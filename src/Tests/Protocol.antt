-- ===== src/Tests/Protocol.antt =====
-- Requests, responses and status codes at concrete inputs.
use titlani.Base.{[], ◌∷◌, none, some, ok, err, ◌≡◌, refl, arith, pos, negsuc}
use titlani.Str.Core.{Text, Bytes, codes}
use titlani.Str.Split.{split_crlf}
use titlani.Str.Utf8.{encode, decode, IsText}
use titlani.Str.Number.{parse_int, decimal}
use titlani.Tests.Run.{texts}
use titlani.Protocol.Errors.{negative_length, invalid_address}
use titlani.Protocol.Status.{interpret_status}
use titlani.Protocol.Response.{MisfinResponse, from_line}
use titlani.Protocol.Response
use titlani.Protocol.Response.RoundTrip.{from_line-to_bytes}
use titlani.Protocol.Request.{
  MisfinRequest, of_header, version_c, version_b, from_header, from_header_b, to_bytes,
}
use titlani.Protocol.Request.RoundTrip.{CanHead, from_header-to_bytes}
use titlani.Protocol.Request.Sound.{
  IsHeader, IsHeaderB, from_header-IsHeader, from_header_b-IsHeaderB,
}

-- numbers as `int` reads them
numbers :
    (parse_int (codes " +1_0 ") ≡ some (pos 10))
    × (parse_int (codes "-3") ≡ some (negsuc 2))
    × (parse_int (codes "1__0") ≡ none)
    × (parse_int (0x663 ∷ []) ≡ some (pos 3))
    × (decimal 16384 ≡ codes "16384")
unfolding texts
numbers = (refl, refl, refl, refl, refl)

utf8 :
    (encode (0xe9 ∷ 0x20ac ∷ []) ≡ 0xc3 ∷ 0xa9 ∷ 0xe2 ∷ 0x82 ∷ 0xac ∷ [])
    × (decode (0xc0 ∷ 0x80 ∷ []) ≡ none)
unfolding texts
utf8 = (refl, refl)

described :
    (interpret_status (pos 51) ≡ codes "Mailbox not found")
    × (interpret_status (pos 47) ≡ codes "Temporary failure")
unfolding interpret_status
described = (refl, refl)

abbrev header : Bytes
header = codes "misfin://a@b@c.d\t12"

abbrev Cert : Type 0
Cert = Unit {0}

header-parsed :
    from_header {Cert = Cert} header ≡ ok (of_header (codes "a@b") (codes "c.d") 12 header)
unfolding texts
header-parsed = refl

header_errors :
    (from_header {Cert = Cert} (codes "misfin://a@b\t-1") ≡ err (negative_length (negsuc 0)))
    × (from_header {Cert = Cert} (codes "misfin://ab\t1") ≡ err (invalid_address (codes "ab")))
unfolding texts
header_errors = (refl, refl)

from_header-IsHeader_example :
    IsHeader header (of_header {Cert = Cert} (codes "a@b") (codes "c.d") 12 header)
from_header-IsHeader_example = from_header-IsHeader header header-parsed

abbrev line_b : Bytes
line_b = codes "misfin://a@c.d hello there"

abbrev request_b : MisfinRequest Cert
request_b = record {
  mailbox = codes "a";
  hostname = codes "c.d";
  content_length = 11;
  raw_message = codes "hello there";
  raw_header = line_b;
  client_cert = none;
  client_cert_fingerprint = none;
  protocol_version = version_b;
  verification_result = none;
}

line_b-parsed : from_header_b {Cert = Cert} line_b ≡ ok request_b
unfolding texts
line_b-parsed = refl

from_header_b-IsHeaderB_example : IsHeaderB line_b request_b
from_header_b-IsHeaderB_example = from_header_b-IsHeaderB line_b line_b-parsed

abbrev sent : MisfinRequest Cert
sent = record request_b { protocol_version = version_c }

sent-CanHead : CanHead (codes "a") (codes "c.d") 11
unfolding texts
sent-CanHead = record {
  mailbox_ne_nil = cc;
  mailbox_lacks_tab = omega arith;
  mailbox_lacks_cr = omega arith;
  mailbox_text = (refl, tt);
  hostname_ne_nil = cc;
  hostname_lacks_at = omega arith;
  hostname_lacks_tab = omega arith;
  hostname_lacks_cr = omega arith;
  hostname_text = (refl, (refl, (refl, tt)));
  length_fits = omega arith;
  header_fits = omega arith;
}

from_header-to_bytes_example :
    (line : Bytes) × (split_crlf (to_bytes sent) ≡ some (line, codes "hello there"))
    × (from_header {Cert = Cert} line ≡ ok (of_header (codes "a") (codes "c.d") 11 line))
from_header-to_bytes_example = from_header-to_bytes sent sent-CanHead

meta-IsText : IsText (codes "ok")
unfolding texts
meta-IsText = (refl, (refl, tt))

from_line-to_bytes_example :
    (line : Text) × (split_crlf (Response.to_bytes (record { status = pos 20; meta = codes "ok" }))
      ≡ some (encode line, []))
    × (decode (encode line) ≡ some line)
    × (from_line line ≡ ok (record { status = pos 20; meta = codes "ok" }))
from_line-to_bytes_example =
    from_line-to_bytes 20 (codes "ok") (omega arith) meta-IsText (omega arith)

BRIEF
The lines needed are the ones from the first line of the entries through the line that contains "utf8 = (refl, refl)", given again without any change.

ANSWER TO THE EXERCISE
filename src/Tests/Protocol.antt
-- ===== src/Tests/Protocol.antt =====
-- Requests, responses and status codes at concrete inputs.
use titlani.Base.{[], ◌∷◌, none, some, ok, err, ◌≡◌, refl, arith, pos, negsuc}
use titlani.Str.Core.{Text, Bytes, codes}
use titlani.Str.Split.{split_crlf}
use titlani.Str.Utf8.{encode, decode, IsText}
use titlani.Str.Number.{parse_int, decimal}
use titlani.Tests.Run.{texts}
use titlani.Protocol.Errors.{negative_length, invalid_address}
use titlani.Protocol.Status.{interpret_status}
use titlani.Protocol.Response.{MisfinResponse, from_line}
use titlani.Protocol.Response
use titlani.Protocol.Response.RoundTrip.{from_line-to_bytes}
use titlani.Protocol.Request.{
  MisfinRequest, of_header, version_c, version_b, from_header, from_header_b, to_bytes,
}
use titlani.Protocol.Request.RoundTrip.{CanHead, from_header-to_bytes}
use titlani.Protocol.Request.Sound.{
  IsHeader, IsHeaderB, from_header-IsHeader, from_header_b-IsHeaderB,
}

-- numbers as `int` reads them
numbers :
    (parse_int (codes " +1_0 ") ≡ some (pos 10))
    × (parse_int (codes "-3") ≡ some (negsuc 2))
    × (parse_int (codes "1__0") ≡ none)
    × (parse_int (0x663 ∷ []) ≡ some (pos 3))
    × (decimal 16384 ≡ codes "16384")
unfolding texts
numbers = (refl, refl, refl, refl, refl)

utf8 :
    (encode (0xe9 ∷ 0x20ac ∷ []) ≡ 0xc3 ∷ 0xa9 ∷ 0xe2 ∷ 0x82 ∷ 0xac ∷ [])
    × (decode (0xc0 ∷ 0x80 ∷ []) ≡ none)
unfolding texts
utf8 = (refl, refl)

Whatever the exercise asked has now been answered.